==== DATA SECTION ====
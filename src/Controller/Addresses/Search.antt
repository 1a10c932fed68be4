-- ===== src/Controller/Addresses/Search.antt =====
-- What the search for an address finds.
use ztgotroller.Base.{
  ℕ, zero, suc, ◌≡◌, refl, sym, ◌∙◌, arith, Bool, true, false, List, [], ◌∷◌, is_among, get_elem?,
  Bool-cases, inl, inr, ◌⊎◌, some, Bytes,
}
use ztgotroller.Controller.{bool_eq}
use ztgotroller.Controller.Addresses.{
  Scan, found, gave_up, passed, is_past, is_taken, scan_pool, scan_pools, first_available_address,
  address_has_managed_route,
}
use ztgotroller.Domain.Networks.{Network, Route, IpPool}
use ztgotroller.Netip.{
  Addr, zero_addr, ip4, ip6, addr_keys, is_valid, is4, addr_above, addr_next, bytes_lt,
}

bytes_lt_irrefl : (z : Bytes) → bytes_lt z z ≡ false
unfolding bytes_lt
bytes_lt_irrefl [] = refl
bytes_lt_irrefl (b ∷ z) = ground (arith, bytes_lt_irrefl z)

above_irrefl : (a : Addr) → addr_above a a ≡ false
unfolding addr_above
above_irrefl zero_addr = refl
above_irrefl (ip4 a) = ground arith
above_irrefl (ip6 a z) = ground (arith, bytes_lt_irrefl z)

-- What is not below the next address is not below this one.
above-next :
    (c a : Addr)
    → is_valid (addr_next c) ≡ true
    → addr_above (addr_next c) a ≡ false
    → addr_above c a ≡ false
unfolding addr_above addr_next is_valid
above-next zero_addr a v h = refl
above-next (ip4 n) zero_addr v h = ground arith
above-next (ip4 n) (ip4 b) v h = ground arith
above-next (ip4 n) (ip6 b y) v h = refl
above-next (ip6 n z) zero_addr v h = ground arith
above-next (ip6 n z) (ip4 b) v h = ground arith
above-next (ip6 n z) (ip6 b y) v h = ground arith

is4-next : (c : Addr) → is_valid (addr_next c) ≡ true → is4 (addr_next c) ≡ is4 c
unfolding addr_next is4 is_valid
is4-next zero_addr h = refl
is4-next (ip4 n) h = ground arith
is4-next (ip6 n z) h = ground arith

-- An address from `start` to the end, free and with a managed route.
pub record IsFound (routes : List Route) (used : List Addr) (start end a : Addr) : Type 0 where
  pub unused : is_among a used ≡ false
  pub routed : address_has_managed_route routes a ≡ true
  pub valid : is_valid a ≡ true
  pub from_start : addr_above start a ≡ false
  pub to_end : addr_above a end ≡ false
  pub family : is4 a ≡ is4 start

here-IsFound :
    (routes : List Route) (used : List Addr) (end a : Addr)
    → is_past a end ≡ false
    → is_taken routes used a ≡ false
    → IsFound routes used a end a
here-IsFound routes used end a p t = record {
  unused = ground arith;
  routed = ground arith;
  valid = ground arith;
  from_start = above_irrefl a;
  to_end = ground arith;
  family = refl;
}

scan_pool-IsFound :
    (routes : List Route) (used : List Addr) (end : Addr) (left : ℕ) (c : Addr) {a : Addr}
    → scan_pool routes used end left c ≡ found a
    → IsFound routes used c end a
unfolding scan_pool
scan_pool-IsFound routes used end zero c h = absurd (ground arith)
scan_pool-IsFound routes used end (suc left) c {a} h = elim (Bool-cases (is_past c end)) [
  | inl past ↦ absurd (ground arith)
  | inr within ↦ elim (Bool-cases (is_taken routes used c)) [
    | inr free ↦
        let same : c ≡ a = ground arith in rw (← same) (here-IsFound routes used end c within free)
    | inl taken ↦
        let step = scan_pool-IsFound routes used end left (addr_next c) {a = a} (ground arith) in
        let next = next_valid routes used end left (addr_next c) {a = a} (ground arith) in
        record {
          unused = step.unused;
          routed = step.routed;
          valid = step.valid;
          from_start = above-next c a next step.from_start;
          to_end = step.to_end;
          family = step.family ∙ is4-next c next;
        }
  ]
]
  where
    next_valid :
        (routes : List Route) (used : List Addr) (end : Addr) (left : ℕ) (c : Addr) {a : Addr}
        → scan_pool routes used end left c ≡ found a
        → is_valid c ≡ true
    next_valid routes used end zero c h = unfold scan_pool in ground arith
    next_valid routes used end (suc left) c h = unfold scan_pool in ground arith

-- An address of one of the pools, of the family that was asked for.
pub record IsAvailable (routes : List Route) (used : List Addr) (ipv4 : Bool) (pools : List IpPool)
    (a : Addr) : Type 0 where
  pub pool : IpPool
  pub index : ℕ
  pub is_pool : get_elem? pools index ≡ some pool
  pub in_pool : IsFound routes used pool.start pool.end a
  pub family : is4 a ≡ ipv4

in_later_pool :
    (routes : List Route) (used : List Addr) (ipv4 : Bool) (p : IpPool) (pools : List IpPool)
    {a : Addr}
    → IsAvailable routes used ipv4 pools a
    → IsAvailable routes used ipv4 (p ∷ pools) a
in_later_pool routes used ipv4 p pools h = record {
  pool = h.pool;
  index = suc h.index;
  is_pool = h.is_pool;
  in_pool = h.in_pool;
  family = h.family;
}

same_family : (a b : Bool) → bool_eq a b ≡ true → a ≡ b
same_family true b h = sym h
same_family false b h = ground arith

scan-cases :
    (s : Scan) → ((a : Addr) × (s ≡ found a)) ⊎ ((s ≡ gave_up) ⊎ ((more : ℕ) × (s ≡ passed more)))
scan-cases (found a) = inl (a, refl)
scan-cases gave_up = inr (inl refl)
scan-cases (passed more) = inr (inr (more, refl))

scan_pools-IsAvailable :
    (routes : List Route) (used : List Addr) (ipv4 : Bool) (left : ℕ) (pools : List IpPool)
    {a : Addr}
    → scan_pools routes used ipv4 left pools ≡ some a
    → IsAvailable routes used ipv4 pools a
unfolding scan_pools
scan_pools-IsAvailable routes used ipv4 left [] h = absurd (cc)
scan_pools-IsAvailable routes used ipv4 left (p ∷ pools) {a} h =
    elim (Bool-cases (bool_eq (is4 p.start) ipv4)) [
      | inr other ↦
          in_later_pool routes used ipv4 p pools
            (scan_pools-IsAvailable routes used ipv4 left pools {a = a} (ground arith))
      | inl family ↦ elim (scan-cases (scan_pool routes used p.end left p.start)) [
        | inl (b, is) ↦
            let same : b ≡ a = ground arith in
            let at = scan_pool-IsFound routes used p.end left p.start is in
            rw (← same) (record {
              pool = p;
              index = zero;
              is_pool = refl;
              in_pool = at;
              family = at.family ∙ same_family (is4 p.start) ipv4 family;
            })
        | inr (inl up) ↦ absurd (ground arith)
        | inr (inr (more, is)) ↦
            in_later_pool routes used ipv4 p pools
              (scan_pools-IsAvailable routes used ipv4 more pools {a = a} (ground arith))
      ]
    ]

-- An address that `firstAvailableAddress` finds is of the family asked for, lies between the ends
-- of one of the network's pools, is not used, and has a managed route.
pub first_available_address-IsAvailable :
    (network : Network) (used : List Addr) (ipv4 : Bool) {a : Addr}
    → first_available_address network used ipv4 ≡ some a
    → IsAvailable network.routes used ipv4 network.ip_pools a
unfolding first_available_address
first_available_address-IsAvailable network used ipv4 h =
    scan_pools-IsAvailable network.routes used ipv4 1048576 network.ip_pools h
====
REQUIRED WORK:
Across all the entries, how many lines hold the string "unused"? Only the number is needed.

RESULT OF THIS TASK:
3